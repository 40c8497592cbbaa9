-- ===== src/Durability/Append.antt =====
-- `InMemoryDurability.append` and `_append_locked`, with `event_material`.
use aegis_framework_platform.Base.{
  ℕ, ◌+◌, String, Bool, false, not, ◌||◌, Option, none, some, List, [], ◌∷◌, ◌++◌, ltb, nat_beq,
  ◌==◌, if◌then◌else◌, contains, all_distinct, string_eq, pair_eq, length, last_of,
  concurrency_conflict, idempotency_conflict, value_error, index_error, Result, ok, err, ◌>>=◌,
  ◌>>◌, raise_if, Action,
}
use aegis_framework_platform.Base.Dict.{Dict, get, put, has_key}
use aegis_framework_platform.Runtime.{
  Json, null, int, text, object, end, field, fields_of, Runtime, all_identifiers,
}
use aegis_framework_platform.Durability.{
  Durability, EventDraft, ApplicationEvent, OutboxDraft, InboxDraft, DeliveryRecord, pending,
  delivered, RunView, AggregateHead, TenantHead, max_events_per_append, tenant_events,
  aggregate_head, tenant_head,
}
use aegis_framework_platform.Durability.Reduce.{reduce_run}

-- `map(f, xs)`, of the texts that a batch names.
unfoldable pub event_ids_of : List EventDraft → List String
event_ids_of [] = []
event_ids_of (d ∷ ds) = d.event_id ∷ event_ids_of ds

unfoldable pub outbox_ids : List OutboxDraft → List String
outbox_ids [] = []
outbox_ids (m ∷ ms) = m.message_id ∷ outbox_ids ms

unfoldable pub inbox_ids : List InboxDraft → List String
inbox_ids [] = []
inbox_ids (m ∷ ms) = m.message_id ∷ inbox_ids ms

-- `any((tenant_id, draft.event_id) in self._event_ids for draft in drafts)`
unfoldable pub any_recorded : String → List (String × String) → List String → Bool
any_recorded tenant_id seen [] = false
any_recorded tenant_id seen (i ∷ ids) =
    contains (tenant_id, i) seen || any_recorded tenant_id seen ids

-- `any((tenant_id, direction, message_id) in self._deliveries for ...)`
unfoldable pub any_delivery :
    String → String → Dict (String × (String × String)) DeliveryRecord → List String → Bool
any_delivery tenant_id direction deliveries [] = false
any_delivery tenant_id direction deliveries (i ∷ ids) =
    has_key (tenant_id, (direction, i)) deliveries
    || any_delivery tenant_id direction deliveries ids

-- The guards of `_append_locked`, in their order. The last one is the validation of the events that
-- are built, of which a batch has one at least: the drafts are valid, the plain texts may not be.
unfoldable pub check_append :
    Durability
    → String
    → String × (String × String)
    → ℕ
    → List EventDraft
    → List OutboxDraft
    → List InboxDraft
    → Result (Unit {0})
check_append s tenant_id aggregate_key expected_version drafts outbox inbox = do
  raise_if (not (nat_beq (aggregate_head s aggregate_key).sequence expected_version))
      concurrency_conflict
  raise_if (not (all_distinct (event_ids_of drafts))) idempotency_conflict
  raise_if (any_recorded tenant_id s.event_ids (event_ids_of drafts)) idempotency_conflict
  raise_if (not (all_distinct (outbox_ids outbox))) idempotency_conflict
  raise_if (any_delivery tenant_id "outbox" s.deliveries (outbox_ids outbox)) idempotency_conflict
  raise_if (not (all_distinct (inbox_ids inbox))) idempotency_conflict
  raise_if (any_delivery tenant_id "inbox" s.deliveries (inbox_ids inbox)) idempotency_conflict
  raise_if (not (all_identifiers (tenant_id ∷ aggregate_key.1.0 ∷ aggregate_key.1.1 ∷ [])))
      value_error

abbrev pub json_option : Option String → Json
json_option none = null
json_option (some s) = text s

-- `projected.get(key, self._runs.get(key))`
unfoldable pub newest :
    String × String
    → Dict (String × String) RunView
    → Dict (String × String) RunView
    → Option RunView
newest key projected runs = elim (get key projected) [ some view ↦ some view | none ↦ get key runs ]

-- The keyword arguments of `append`.
pub record Batch : Type 0 where
  pub tenant_id : String
  pub aggregate_type : String
  pub aggregate_id : String
  pub expected_version : ℕ
  pub drafts : List EventDraft
  pub outbox : List OutboxDraft
  pub inbox : List InboxDraft

abbrev pub aggregate_key : Batch → String × (String × String)
aggregate_key b = (b.tenant_id, (b.aggregate_type, b.aggregate_id))

-- The loop that records the identifiers of the appended events.
unfoldable pub add_ids :
    String → List ApplicationEvent → List (String × String) → List (String × String)
add_ids tenant_id [] seen = seen
add_ids tenant_id (event ∷ rest) seen = add_ids tenant_id rest ((tenant_id, event.event_id) ∷ seen)

-- The loop over `outbox`.
unfoldable pub put_outbox :
    String
    → List OutboxDraft
    → Dict (String × (String × String)) DeliveryRecord
    → Dict (String × (String × String)) DeliveryRecord
put_outbox tenant_id [] deliveries = deliveries
put_outbox tenant_id (message ∷ rest) deliveries = put_outbox tenant_id rest (
    put (tenant_id, ("outbox", message.message_id))
      (record {
        tenant_id = tenant_id;
        message_id = message.message_id;
        direction = "outbox";
        destination = message.destination;
        message_type = message.message_type;
        status = pending;
        attempts = 0;
        available_at = message.available_at;
        claim_token = none;
        claim_until = none;
        last_error_code = none;
        payload = message.payload;
      })
      deliveries)

-- The loop over `inbox`; `at` is the instant of the last appended event.
unfoldable pub put_inbox :
    String
    → ℕ
    → List InboxDraft
    → Dict (String × (String × String)) DeliveryRecord
    → Dict (String × (String × String)) DeliveryRecord
put_inbox tenant_id at [] deliveries = deliveries
put_inbox tenant_id at (message ∷ rest) deliveries = put_inbox tenant_id at rest (
    put (tenant_id, ("inbox", message.message_id))
      (record {
        tenant_id = tenant_id;
        message_id = message.message_id;
        direction = "inbox";
        destination = "application";
        message_type = message.message_type;
        status = delivered;
        attempts = 1;
        available_at = at;
        claim_token = none;
        claim_until = none;
        last_error_code = none;
        payload = message.payload;
      })
      deliveries)

-- `self._runs.update(projected)`
unfoldable pub update_runs :
    Dict (String × String) RunView → Dict (String × String) RunView → Dict (String × String) RunView
update_runs [] runs = runs
update_runs ((key, view) ∷ projected) runs = update_runs projected (put key view runs)

-- The writes of `_append_locked`, once nothing can be rejected. Of an empty batch `appended[-1]`
-- raises when the tenant's list has been created.
unfoldable pub commit_append :
    Batch
    → List ApplicationEvent
    → Dict (String × String) RunView
    → Action Durability (List ApplicationEvent)
unfolding add_ids put_outbox put_inbox update_runs
commit_append b [] projected s =
    (err index_error, record s { events = put b.tenant_id (tenant_events s b.tenant_id) s.events })
commit_append b (first ∷ rest) projected s =
    let last = last_of first rest in
    (
      ok (first ∷ rest),
      record s {
        event_ids = add_ids b.tenant_id (first ∷ rest) s.event_ids;
        events = put b.tenant_id (tenant_events s b.tenant_id ++ first ∷ rest) s.events;
        aggregate_heads =
            put (aggregate_key b)
              (record { sequence = last.aggregate_sequence; record_hash = last.record_hash })
              s.aggregate_heads;
        tenant_heads =
            put b.tenant_id (record { cursor = last.tenant_cursor; record_hash = last.record_hash })
              s.tenant_heads;
        deliveries =
            put_inbox b.tenant_id last.occurred_at b.inbox
              (put_outbox b.tenant_id b.outbox s.deliveries);
        runs = update_runs projected s.runs;
      },
    )

-- The end of `_append_locked`: a projection that is refused has written nothing.
unfoldable pub commit_projected :
    Batch
    → List ApplicationEvent
    → Result (Dict (String × String) RunView)
    → Action Durability (List ApplicationEvent)
unfolding commit_append
commit_projected b appended (err e) s = (err e, s)
commit_projected b appended (ok projected) s = commit_append b appended projected s

module _ (rt : Runtime) where
  -- `event_material`: the document whose canonical JSON is hashed
  unfoldable pub event_material :
      String → String → String → ℕ → ℕ → EventDraft → String → String → Json
  event_material tenant_id aggregate_type aggregate_id aggregate_sequence tenant_cursor draft
        aggregate_previous_hash tenant_previous_hash =
      object (
        field "actor_ref" (text draft.actor_ref) (
          field "aggregate_id" (text aggregate_id) (
            field "aggregate_previous_hash" (text aggregate_previous_hash) (
              field "aggregate_sequence" (int aggregate_sequence) (
                field "aggregate_type" (text aggregate_type) (
                  field "causation_ref" (json_option draft.causation_ref) (
                    field "correlation_ref" (text draft.correlation_ref) (
                      field "event_id" (text draft.event_id) (
                        field "event_type" (text draft.event_type) (
                          field "occurred_at" (text (rt.isoformat draft.occurred_at)) (
                            field "payload" (object (fields_of draft.payload)) (
                              field "record_schema_version" (int 1) (
                                field "schema_version" (int draft.schema_version) (
                                  field "tenant_cursor" (int tenant_cursor) (
                                    field "tenant_id" (text tenant_id) (
                                      field "tenant_previous_hash" (text tenant_previous_hash)
                                        end))))))))))))))))

  -- `sha256(material.encode()).hexdigest()`
  unfoldable pub material_hash : Json → String
  material_hash material = rt.sha256_hex (rt.canonical_json material)

  unfoldable pub build_event :
      String → String → String → ℕ → ℕ → EventDraft → String → String → ApplicationEvent
  unfolding material_hash
  build_event tenant_id aggregate_type aggregate_id aggregate_sequence tenant_cursor draft
        aggregate_previous_hash tenant_previous_hash =
      record {
        tenant_id = tenant_id;
        aggregate_type = aggregate_type;
        aggregate_id = aggregate_id;
        aggregate_sequence = aggregate_sequence;
        tenant_cursor = tenant_cursor;
        draft = draft;
        aggregate_previous_hash = aggregate_previous_hash;
        tenant_previous_hash = tenant_previous_hash;
        record_hash = material_hash (
            event_material tenant_id aggregate_type aggregate_id aggregate_sequence tenant_cursor
              draft aggregate_previous_hash tenant_previous_hash);
      }

  -- The loop over the drafts: each event takes the next sequence and cursor, and its hash is the
  -- previous hash of the one behind it.
  unfoldable pub build_events :
      String
      → String
      → String
      → AggregateHead
      → TenantHead
      → List EventDraft
      → List ApplicationEvent
  unfolding build_event
  build_events tenant_id aggregate_type aggregate_id aggregate tenant [] = []
  build_events tenant_id aggregate_type aggregate_id aggregate tenant (draft ∷ rest) =
      let event =
        build_event tenant_id aggregate_type aggregate_id (aggregate.sequence + 1)
          (tenant.cursor + 1) draft aggregate.record_hash tenant.record_hash in
      event
      ∷ build_events tenant_id aggregate_type aggregate_id
          (record { sequence = aggregate.sequence + 1; record_hash = event.record_hash })
          (record { cursor = tenant.cursor + 1; record_hash = event.record_hash }) rest

  -- The loop that fills `projected`; it reads `projected` first and `self._runs` behind it.
  unfoldable pub project_events :
      Dict (String × String) RunView
      → Dict (String × String) RunView
      → List ApplicationEvent
      → Result (Dict (String × String) RunView)
  project_events runs projected [] = ok projected
  project_events runs projected (event ∷ rest) =
      if not (event.aggregate_type == "investigation")
      then project_events runs projected rest
      else do
        view ← reduce_run rt (newest (event.tenant_id, event.aggregate_id) projected runs) event
        project_events runs (put (event.tenant_id, event.aggregate_id) view projected) rest

  -- The events that a batch would append to a state.
  unfoldable pub batch_events : Batch → Durability → List ApplicationEvent
  batch_events b s =
      build_events b.tenant_id b.aggregate_type b.aggregate_id
        (record (aggregate_head s (aggregate_key b)) { sequence = b.expected_version })
        (tenant_head s b.tenant_id) b.drafts

  unfoldable pub checked_append :
      Batch → Result (Unit {0}) → Action Durability (List ApplicationEvent)
  unfolding batch_events
  checked_append b (err e) s = (err e, s)
  checked_append b (ok _) s =
      let appended = batch_events b s in
      commit_projected b appended (project_events s.runs [] appended) s

  unfoldable pub append_locked : Batch → Action Durability (List ApplicationEvent)
  unfolding checked_append
  append_locked b s =
      checked_append b
        (check_append s b.tenant_id (aggregate_key b) b.expected_version b.drafts b.outbox b.inbox)
        s

  unfoldable pub append : Batch → Action Durability (List ApplicationEvent)
  unfolding append_locked
  append b s =
      if nat_beq (length b.drafts) 0 || ltb max_events_per_append (length b.drafts)
      then (err value_error, s)
      else append_locked b s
□ □ □
[Activity]
In the data, how many lines hold the word "false"? State that number alone.

[Result of this task]
3